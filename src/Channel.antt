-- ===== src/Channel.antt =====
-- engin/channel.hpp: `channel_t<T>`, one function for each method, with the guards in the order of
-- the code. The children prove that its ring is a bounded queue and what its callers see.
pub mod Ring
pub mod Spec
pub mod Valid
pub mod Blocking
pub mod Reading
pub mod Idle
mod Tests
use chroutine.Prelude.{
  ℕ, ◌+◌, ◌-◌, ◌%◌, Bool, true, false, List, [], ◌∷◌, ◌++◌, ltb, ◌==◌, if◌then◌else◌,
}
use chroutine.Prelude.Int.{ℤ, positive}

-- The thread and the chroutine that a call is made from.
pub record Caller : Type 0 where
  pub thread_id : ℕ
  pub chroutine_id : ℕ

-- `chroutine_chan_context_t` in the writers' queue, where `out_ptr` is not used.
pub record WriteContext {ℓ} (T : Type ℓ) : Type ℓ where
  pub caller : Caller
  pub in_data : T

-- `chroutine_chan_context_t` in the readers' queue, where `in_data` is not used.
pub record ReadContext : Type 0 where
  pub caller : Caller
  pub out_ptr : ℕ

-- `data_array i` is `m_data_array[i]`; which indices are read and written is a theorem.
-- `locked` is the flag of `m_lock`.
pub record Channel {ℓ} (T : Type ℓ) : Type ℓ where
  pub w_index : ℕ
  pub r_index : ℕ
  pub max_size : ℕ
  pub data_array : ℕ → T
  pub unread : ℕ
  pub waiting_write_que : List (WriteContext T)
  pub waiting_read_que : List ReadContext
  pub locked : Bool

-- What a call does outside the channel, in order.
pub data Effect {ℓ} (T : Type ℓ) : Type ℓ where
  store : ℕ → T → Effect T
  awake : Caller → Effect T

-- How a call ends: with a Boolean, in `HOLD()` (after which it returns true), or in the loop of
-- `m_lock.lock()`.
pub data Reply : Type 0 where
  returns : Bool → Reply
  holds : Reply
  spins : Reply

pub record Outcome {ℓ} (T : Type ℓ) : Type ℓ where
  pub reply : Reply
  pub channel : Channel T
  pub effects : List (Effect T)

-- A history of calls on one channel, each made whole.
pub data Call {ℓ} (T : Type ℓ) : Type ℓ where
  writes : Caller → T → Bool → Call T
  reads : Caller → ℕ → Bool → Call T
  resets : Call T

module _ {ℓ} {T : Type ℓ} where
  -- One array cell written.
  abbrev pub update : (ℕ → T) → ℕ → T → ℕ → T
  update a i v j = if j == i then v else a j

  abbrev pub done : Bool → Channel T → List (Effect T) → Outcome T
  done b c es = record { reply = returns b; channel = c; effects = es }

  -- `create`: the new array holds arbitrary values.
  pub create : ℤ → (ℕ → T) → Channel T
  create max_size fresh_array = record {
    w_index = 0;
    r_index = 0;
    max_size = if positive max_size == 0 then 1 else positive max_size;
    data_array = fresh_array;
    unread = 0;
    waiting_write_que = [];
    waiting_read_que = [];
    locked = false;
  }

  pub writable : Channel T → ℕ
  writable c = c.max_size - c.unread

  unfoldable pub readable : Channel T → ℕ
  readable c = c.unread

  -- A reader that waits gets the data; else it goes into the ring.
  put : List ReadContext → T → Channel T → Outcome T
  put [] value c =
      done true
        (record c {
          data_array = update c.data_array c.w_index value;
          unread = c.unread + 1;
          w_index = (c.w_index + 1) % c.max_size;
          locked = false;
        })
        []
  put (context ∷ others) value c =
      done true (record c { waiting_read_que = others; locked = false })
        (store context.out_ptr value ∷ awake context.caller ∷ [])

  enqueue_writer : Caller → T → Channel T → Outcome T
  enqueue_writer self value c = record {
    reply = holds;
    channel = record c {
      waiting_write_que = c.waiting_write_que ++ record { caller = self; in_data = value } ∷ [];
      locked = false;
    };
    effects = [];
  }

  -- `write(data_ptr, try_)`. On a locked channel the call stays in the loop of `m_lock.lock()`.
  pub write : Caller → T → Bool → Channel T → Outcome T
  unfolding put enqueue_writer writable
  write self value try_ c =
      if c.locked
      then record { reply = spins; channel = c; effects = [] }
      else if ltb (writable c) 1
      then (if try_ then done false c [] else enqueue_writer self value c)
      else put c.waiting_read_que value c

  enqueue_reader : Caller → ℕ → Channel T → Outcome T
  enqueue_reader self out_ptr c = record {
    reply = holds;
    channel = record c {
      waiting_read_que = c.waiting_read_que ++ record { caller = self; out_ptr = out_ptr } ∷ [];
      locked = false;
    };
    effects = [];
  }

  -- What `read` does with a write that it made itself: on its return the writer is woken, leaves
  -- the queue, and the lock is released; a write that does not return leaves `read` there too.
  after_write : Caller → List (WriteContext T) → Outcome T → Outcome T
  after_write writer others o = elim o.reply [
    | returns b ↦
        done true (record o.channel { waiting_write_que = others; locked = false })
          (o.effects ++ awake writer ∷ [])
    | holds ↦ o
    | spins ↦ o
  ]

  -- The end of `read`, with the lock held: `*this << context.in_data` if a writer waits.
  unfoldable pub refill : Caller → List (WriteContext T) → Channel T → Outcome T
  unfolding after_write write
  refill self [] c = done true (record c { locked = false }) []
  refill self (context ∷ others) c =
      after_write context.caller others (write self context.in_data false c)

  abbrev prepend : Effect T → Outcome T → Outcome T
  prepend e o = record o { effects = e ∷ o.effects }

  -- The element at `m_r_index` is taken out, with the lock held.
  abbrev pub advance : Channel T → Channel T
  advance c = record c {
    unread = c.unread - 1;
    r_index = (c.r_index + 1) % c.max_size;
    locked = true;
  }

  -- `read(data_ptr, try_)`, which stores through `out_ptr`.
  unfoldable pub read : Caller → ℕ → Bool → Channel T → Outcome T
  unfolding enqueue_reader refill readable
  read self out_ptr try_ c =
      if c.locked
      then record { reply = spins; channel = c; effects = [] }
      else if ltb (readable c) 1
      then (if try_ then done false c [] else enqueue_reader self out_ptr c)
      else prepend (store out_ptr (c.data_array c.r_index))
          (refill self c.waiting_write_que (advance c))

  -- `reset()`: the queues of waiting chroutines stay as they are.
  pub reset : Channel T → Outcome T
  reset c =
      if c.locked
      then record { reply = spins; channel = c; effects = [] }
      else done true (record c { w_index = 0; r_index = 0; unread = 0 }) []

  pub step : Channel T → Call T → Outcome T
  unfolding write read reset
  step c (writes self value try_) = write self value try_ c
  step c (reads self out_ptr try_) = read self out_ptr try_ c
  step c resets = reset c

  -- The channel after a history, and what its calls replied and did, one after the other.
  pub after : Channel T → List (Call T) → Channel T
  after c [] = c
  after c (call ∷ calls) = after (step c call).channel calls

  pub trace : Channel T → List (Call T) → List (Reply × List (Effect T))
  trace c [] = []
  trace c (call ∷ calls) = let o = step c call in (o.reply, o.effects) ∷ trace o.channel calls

----

* [Task directions]: The lines to return begin at the first line of the records and end at the line holding "resets : Call T"; please return them exactly, including both, and nothing beyond.

* [Completed exercise]:
filename src/Channel.antt
-- ===== src/Channel.antt =====
-- engin/channel.hpp: `channel_t<T>`, one function for each method, with the guards in the order of
-- the code. The children prove that its ring is a bounded queue and what its callers see.
pub mod Ring
pub mod Spec
pub mod Valid
pub mod Blocking
pub mod Reading
pub mod Idle
mod Tests
use chroutine.Prelude.{
  ℕ, ◌+◌, ◌-◌, ◌%◌, Bool, true, false, List, [], ◌∷◌, ◌++◌, ltb, ◌==◌, if◌then◌else◌,
}
use chroutine.Prelude.Int.{ℤ, positive}

-- The thread and the chroutine that a call is made from.
pub record Caller : Type 0 where
  pub thread_id : ℕ
  pub chroutine_id : ℕ

-- `chroutine_chan_context_t` in the writers' queue, where `out_ptr` is not used.
pub record WriteContext {ℓ} (T : Type ℓ) : Type ℓ where
  pub caller : Caller
  pub in_data : T

-- `chroutine_chan_context_t` in the readers' queue, where `in_data` is not used.
pub record ReadContext : Type 0 where
  pub caller : Caller
  pub out_ptr : ℕ

-- `data_array i` is `m_data_array[i]`; which indices are read and written is a theorem.
-- `locked` is the flag of `m_lock`.
pub record Channel {ℓ} (T : Type ℓ) : Type ℓ where
  pub w_index : ℕ
  pub r_index : ℕ
  pub max_size : ℕ
  pub data_array : ℕ → T
  pub unread : ℕ
  pub waiting_write_que : List (WriteContext T)
  pub waiting_read_que : List ReadContext
  pub locked : Bool

-- What a call does outside the channel, in order.
pub data Effect {ℓ} (T : Type ℓ) : Type ℓ where
  store : ℕ → T → Effect T
  awake : Caller → Effect T

-- How a call ends: with a Boolean, in `HOLD()` (after which it returns true), or in the loop of
-- `m_lock.lock()`.
pub data Reply : Type 0 where
  returns : Bool → Reply
  holds : Reply
  spins : Reply

pub record Outcome {ℓ} (T : Type ℓ) : Type ℓ where
  pub reply : Reply
  pub channel : Channel T
  pub effects : List (Effect T)

-- A history of calls on one channel, each made whole.
pub data Call {ℓ} (T : Type ℓ) : Type ℓ where
  writes : Caller → T → Bool → Call T
  reads : Caller → ℕ → Bool → Call T
  resets : Call T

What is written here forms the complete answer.